- Logo of Firqat Ahrar Nawa
- Leaders: Abdullah al‑Qura‘aẓa Major Khaled Hussein Taha Mazen "Abu Walid" Jawad
- Headquarters: Nawa
- Active regions: Daraa Governorate
- Ideology: Opposition / Revolution
- Part of: Free Syrian Army Southern Front Army of the Revolution; ; ;
- Wars: the Syrian Civil War

= Firqat Ahrar Nawa =

Faction of the Free Syrian Army

Firqat Ahrar Nawa (فرقة أحرار نوى, meaning "Free Men of Nawa Brigade") is a Syrian rebel group that operated in the city of Nawa and its surroundings in the Daraa Governorate during the Syrian Civil War. It was affiliated with the Free Syrian Army, and has been publicly identified as one of several local factions to receive covert support from Israel, alongside Fursan al-Joulan, Jaysh al-Ababil, Saif al-Sham Brigade, Jaydour Horan Brigade, Al-Ezz bin Abdul Salam Brigade, Omar Bin Al-Khattab Brigade, Al-Haramein Battalion, Alwiya al-Furqan, Syrian Revolutionaries Front, Jabhat Ansar al-Islam, Ahrar Gathering and others.

The group was formed on 12 September 2012 in the town of Nawa in Daraa province, and was led by Brigadier General Abdullah al-Qaraza, then Major Khaled Hussein Taha, and then Brigadier General Abdullah al-Qaraazah was reinstated after the problem of the dismissal of Major Taha by some formations of the division on 7 October 2017, and its leaders were known as Mazen Jawad, Yahya al-Saqer, and Muhammad Khaled Ahmed Taha.

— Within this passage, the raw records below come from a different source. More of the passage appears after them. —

-- ===== src/Engine/Schedule.antt =====
-- The order in which a dispatch fires is a function of the reactions alone.
use sig_topo.Base.{
  ℕ, zero, suc, ◌≤◌, ◌≡◌, refl, ap, ◌∙◌, true, not, List, [], ◌∷◌, ◌++◌, HashMap, length, filter,
  arith, All, append-nil,
}
use sig_topo.Json.{Platform}
use sig_topo.Schema.{ReactionDef}
use sig_topo.Engine.State.{Act, pure, ◌>>◌}
use sig_topo.Engine.Dispatch.{
  Pending, is_empty, after_fire, group_totals, dispatch_loop, dispatch_reactions,
}
use sig_topo.Engine.Queue.{after_fire_lengths}

empty_of_length : {A : Type 0} (xs : List A) → length xs ≡ 0 → xs ≡ []
empty_of_length [] h = refl
empty_of_length (x ∷ xs) h = absurd (omega arith)

-- A plain loop: `for r in reactions { fire(r)?; }`
unfoldable pub for_each :
    {p : Platform} {A : Type 0} → (A → Act p (Unit {0})) → List A → Act p (Unit {0})
for_each fire [] = pure tt
for_each fire (r ∷ rs) = fire r >> for_each fire rs

module _ {N : Type 0} where
  -- The reactions in the order in which they fire, as long as none fails.
  unfoldable pub schedule_from :
      ℕ → HashMap ℕ → List (ReactionDef N) → Pending N → List (ReactionDef N)
  schedule_from fuel totals [] d = []
  schedule_from zero totals (r ∷ ready) d = []
  schedule_from (suc fuel) totals (r ∷ ready) d =
      let next = after_fire totals r.join_group d in
      r ∷ schedule_from fuel totals (ready ++ next.0) next.1

  unfoldable pub schedule : List (ReactionDef N) → List (ReactionDef N)
  unfolding schedule_from
  schedule matched =
      schedule_from (length matched) (group_totals matched [])
        (filter (λ r. is_empty r.requires) matched)
        (record {
          waiting = filter (λ r. not (is_empty r.requires)) matched;
          group_done_count = [];
          groups_done = [];
        })

  dispatch_loop-schedule :
      {p : Platform} (fire : ReactionDef N → Act p (Unit {0})) (totals : HashMap ℕ) (n : ℕ)
      (ready : List (ReactionDef N)) (d : Pending N)
      → dispatch_loop n fire totals ready d ≡ for_each fire (schedule_from n totals ready d)
  unfolding dispatch_loop schedule_from for_each
  dispatch_loop-schedule fire totals zero [] d = refl
  dispatch_loop-schedule fire totals (suc n) [] d = refl
  dispatch_loop-schedule fire totals zero (r ∷ ready) d = refl
  dispatch_loop-schedule {p} fire totals (suc n) (r ∷ ready) d =
      ap (λ (k : Act p (Unit {0})). fire r >> k) (dispatch_loop-schedule fire totals n _ _)

  -- Whatever firing does, a dispatch is the plain loop over the schedule, which depends on the
  -- matched reactions alone: the first failure ends both.
  pub dispatch_reactions-schedule :
      {p : Platform} (fire : ReactionDef N → Act p (Unit {0})) (matched : List (ReactionDef N))
      → dispatch_reactions fire matched ≡ for_each fire (schedule matched)
  unfolding dispatch_reactions schedule
  dispatch_reactions-schedule fire matched = dispatch_loop-schedule fire _ _ _ _

  schedule_from_serial :
      (totals : HashMap ℕ) (n : ℕ) (ready : List (ReactionDef N)) (d : Pending N)
      → length d.waiting ≡ 0
      → length ready ≤ n
      → schedule_from n totals ready d ≡ ready
  unfolding schedule_from
  schedule_from_serial totals zero [] d h k = refl
  schedule_from_serial totals (suc n) [] d h k = refl
  schedule_from_serial totals zero (r ∷ ready) d h k = absurd (omega arith)
  schedule_from_serial totals (suc n) (r ∷ ready) d h k =
      let next = after_fire totals r.join_group d in
      let sizes = after_fire_lengths totals r.join_group d in
      let rest : ready ++ next.0 ≡ ready =
        ap (λ (l : List (ReactionDef N)). ready ++ l) (empty_of_length next.0 (omega arith))
        ∙ append-nil ready in
      ap (λ (l : List (ReactionDef N)). r ∷ l)
        (ap (λ (l : List (ReactionDef N)). schedule_from n totals l next.1) rest
          ∙ schedule_from_serial totals n ready next.1 (omega arith) (omega arith))

  All-ready :
      (matched : List (ReactionDef N))
      → All (λ r. r.requires ≡ []) matched
      → (filter (λ r. is_empty r.requires) matched ≡ matched)
        × (length (filter (λ (r : ReactionDef N). not (is_empty r.requires)) matched) ≡ 0)
  All-ready [] h = (refl, refl)
  All-ready (r ∷ rs) h =
      let rest = All-ready rs h.1 in
      let none_required : is_empty r.requires ≡ true = ap is_empty h.0 in
      (rw none_required (ap (λ (l : List (ReactionDef N)). r ∷ l) rest.0), rw none_required rest.1)

  -- Where no matched reaction has `requires`, they fire in the order of the topology, whatever fork
  -- groups they belong to: the dispatch is the plain loop over them.
  pub dispatch_reactions-serial :
      {p : Platform} (fire : ReactionDef N → Act p (Unit {0})) (matched : List (ReactionDef N))
      → All (λ r. r.requires ≡ []) matched
      → dispatch_reactions fire matched ≡ for_each fire matched
  unfolding schedule
  dispatch_reactions-serial fire matched h =
      let parts = All-ready matched h in
      dispatch_reactions-schedule fire matched
      ∙ ap (for_each fire) (
          rw (parts.0) (
            schedule_from_serial (group_totals matched []) (length matched) matched _ parts.1
              (omega arith)))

The group joined the Salvation Army on 26 May 2018, and participated in several alliances and military operations rooms, most notably: the Supreme Military Council in Nawa, the Southern Forces Alliance, the Nawa Operations Room, the Operations Room and Sit-in, and the Southern Storm Operations Room.

==Areas of operation==
The group was based primarily in the town of Nawa, located in the Daraa Governorate in southern Syria.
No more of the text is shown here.